Read the entries below and pull out each line with the string "true".

--- Provided records Enclosed Below ---

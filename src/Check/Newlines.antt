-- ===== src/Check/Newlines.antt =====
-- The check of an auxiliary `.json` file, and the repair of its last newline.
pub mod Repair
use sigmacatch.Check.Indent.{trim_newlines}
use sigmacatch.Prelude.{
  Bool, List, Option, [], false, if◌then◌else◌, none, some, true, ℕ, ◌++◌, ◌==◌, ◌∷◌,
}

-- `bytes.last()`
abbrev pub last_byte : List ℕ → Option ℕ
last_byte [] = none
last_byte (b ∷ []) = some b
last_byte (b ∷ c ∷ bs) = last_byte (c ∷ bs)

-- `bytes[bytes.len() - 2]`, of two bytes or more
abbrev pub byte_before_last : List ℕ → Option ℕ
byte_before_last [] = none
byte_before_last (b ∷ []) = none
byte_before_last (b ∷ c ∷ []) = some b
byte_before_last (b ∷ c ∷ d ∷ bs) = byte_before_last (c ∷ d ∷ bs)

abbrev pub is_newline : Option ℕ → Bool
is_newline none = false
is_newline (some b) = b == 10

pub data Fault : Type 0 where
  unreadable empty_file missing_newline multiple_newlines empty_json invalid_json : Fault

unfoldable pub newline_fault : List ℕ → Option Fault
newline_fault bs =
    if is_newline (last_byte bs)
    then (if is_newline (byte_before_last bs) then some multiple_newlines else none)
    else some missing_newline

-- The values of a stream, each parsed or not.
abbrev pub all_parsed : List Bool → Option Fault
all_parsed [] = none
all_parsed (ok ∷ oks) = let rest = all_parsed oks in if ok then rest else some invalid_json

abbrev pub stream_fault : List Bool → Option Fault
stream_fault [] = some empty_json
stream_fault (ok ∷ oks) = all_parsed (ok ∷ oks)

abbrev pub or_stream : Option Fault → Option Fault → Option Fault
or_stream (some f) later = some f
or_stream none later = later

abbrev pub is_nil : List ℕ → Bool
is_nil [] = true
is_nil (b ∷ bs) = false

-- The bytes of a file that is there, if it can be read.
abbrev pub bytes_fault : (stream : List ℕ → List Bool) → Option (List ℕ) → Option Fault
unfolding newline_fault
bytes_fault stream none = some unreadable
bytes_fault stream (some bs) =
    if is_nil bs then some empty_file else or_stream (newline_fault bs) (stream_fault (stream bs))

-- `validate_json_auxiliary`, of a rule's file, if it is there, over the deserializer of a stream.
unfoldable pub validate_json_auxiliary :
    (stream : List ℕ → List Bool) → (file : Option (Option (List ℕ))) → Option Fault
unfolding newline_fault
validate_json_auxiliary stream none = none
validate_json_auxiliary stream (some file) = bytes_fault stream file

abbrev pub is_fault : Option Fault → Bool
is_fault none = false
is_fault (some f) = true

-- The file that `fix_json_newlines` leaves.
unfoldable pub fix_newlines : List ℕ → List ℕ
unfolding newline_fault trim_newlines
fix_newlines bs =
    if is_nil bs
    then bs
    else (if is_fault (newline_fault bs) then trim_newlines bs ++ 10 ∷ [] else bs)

--- End of Enclosed Provided records ---
--- Provided records Enclosed Below ---

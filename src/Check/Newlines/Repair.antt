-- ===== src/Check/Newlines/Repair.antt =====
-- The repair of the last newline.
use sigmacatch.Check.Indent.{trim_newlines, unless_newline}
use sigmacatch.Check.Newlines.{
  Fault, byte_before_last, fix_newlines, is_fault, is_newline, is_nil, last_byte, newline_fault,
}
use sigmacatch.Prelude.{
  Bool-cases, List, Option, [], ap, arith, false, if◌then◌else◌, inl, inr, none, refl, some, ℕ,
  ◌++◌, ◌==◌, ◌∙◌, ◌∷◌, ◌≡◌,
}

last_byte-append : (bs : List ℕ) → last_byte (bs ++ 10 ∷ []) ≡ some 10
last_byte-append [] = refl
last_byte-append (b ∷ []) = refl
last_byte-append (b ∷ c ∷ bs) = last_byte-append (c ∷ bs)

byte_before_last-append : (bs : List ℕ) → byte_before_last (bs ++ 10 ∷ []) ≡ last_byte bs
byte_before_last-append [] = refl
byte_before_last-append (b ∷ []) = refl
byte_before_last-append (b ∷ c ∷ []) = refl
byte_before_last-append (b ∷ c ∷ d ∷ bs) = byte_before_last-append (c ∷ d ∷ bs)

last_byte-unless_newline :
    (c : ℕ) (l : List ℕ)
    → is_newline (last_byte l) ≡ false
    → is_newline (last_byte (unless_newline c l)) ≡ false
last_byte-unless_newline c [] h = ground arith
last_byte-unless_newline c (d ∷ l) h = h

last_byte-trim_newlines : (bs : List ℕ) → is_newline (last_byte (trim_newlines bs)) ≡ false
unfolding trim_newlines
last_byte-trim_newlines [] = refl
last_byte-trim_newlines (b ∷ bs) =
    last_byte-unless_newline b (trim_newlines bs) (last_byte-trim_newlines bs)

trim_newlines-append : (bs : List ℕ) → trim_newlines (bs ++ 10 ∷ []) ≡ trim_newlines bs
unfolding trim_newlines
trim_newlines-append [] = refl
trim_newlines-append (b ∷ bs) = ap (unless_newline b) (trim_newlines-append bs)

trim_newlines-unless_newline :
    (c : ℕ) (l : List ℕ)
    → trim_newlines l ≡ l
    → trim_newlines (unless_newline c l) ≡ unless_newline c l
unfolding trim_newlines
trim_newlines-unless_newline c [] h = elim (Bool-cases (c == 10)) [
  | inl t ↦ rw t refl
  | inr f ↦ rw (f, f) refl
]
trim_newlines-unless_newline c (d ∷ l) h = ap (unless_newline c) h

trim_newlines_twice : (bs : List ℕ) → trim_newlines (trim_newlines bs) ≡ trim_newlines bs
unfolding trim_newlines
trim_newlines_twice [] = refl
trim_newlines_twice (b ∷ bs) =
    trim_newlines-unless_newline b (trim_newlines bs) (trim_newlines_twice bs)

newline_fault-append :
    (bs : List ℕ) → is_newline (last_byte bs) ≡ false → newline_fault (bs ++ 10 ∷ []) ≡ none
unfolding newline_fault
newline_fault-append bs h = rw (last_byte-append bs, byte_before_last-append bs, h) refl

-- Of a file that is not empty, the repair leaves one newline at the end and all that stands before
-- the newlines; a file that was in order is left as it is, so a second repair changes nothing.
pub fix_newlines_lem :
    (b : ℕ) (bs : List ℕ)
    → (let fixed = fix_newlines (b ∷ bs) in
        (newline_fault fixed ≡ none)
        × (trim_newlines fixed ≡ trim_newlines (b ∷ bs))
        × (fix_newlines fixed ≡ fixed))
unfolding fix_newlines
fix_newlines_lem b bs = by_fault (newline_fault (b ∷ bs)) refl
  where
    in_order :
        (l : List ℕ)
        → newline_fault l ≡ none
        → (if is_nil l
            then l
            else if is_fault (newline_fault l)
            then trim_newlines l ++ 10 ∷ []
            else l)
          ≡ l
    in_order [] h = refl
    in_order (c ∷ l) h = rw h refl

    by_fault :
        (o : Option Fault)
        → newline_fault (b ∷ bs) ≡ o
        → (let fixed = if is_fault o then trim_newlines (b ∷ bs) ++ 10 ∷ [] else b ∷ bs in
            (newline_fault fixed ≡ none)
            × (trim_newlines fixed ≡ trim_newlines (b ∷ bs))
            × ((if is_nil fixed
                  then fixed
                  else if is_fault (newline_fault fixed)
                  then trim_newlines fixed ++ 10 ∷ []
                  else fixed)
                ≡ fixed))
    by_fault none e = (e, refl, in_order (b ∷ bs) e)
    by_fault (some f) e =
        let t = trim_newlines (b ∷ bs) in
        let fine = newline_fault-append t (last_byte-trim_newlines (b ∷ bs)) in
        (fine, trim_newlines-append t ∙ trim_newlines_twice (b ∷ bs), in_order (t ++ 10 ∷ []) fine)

--- End of Enclosed Provided records ---

Response to the task:
  Bool, List, Option, [], false, if◌then◌else◌, none, some, true, ℕ, ◌++◌, ◌==◌, ◌∷◌,
is_nil [] = true
is_fault (some f) = true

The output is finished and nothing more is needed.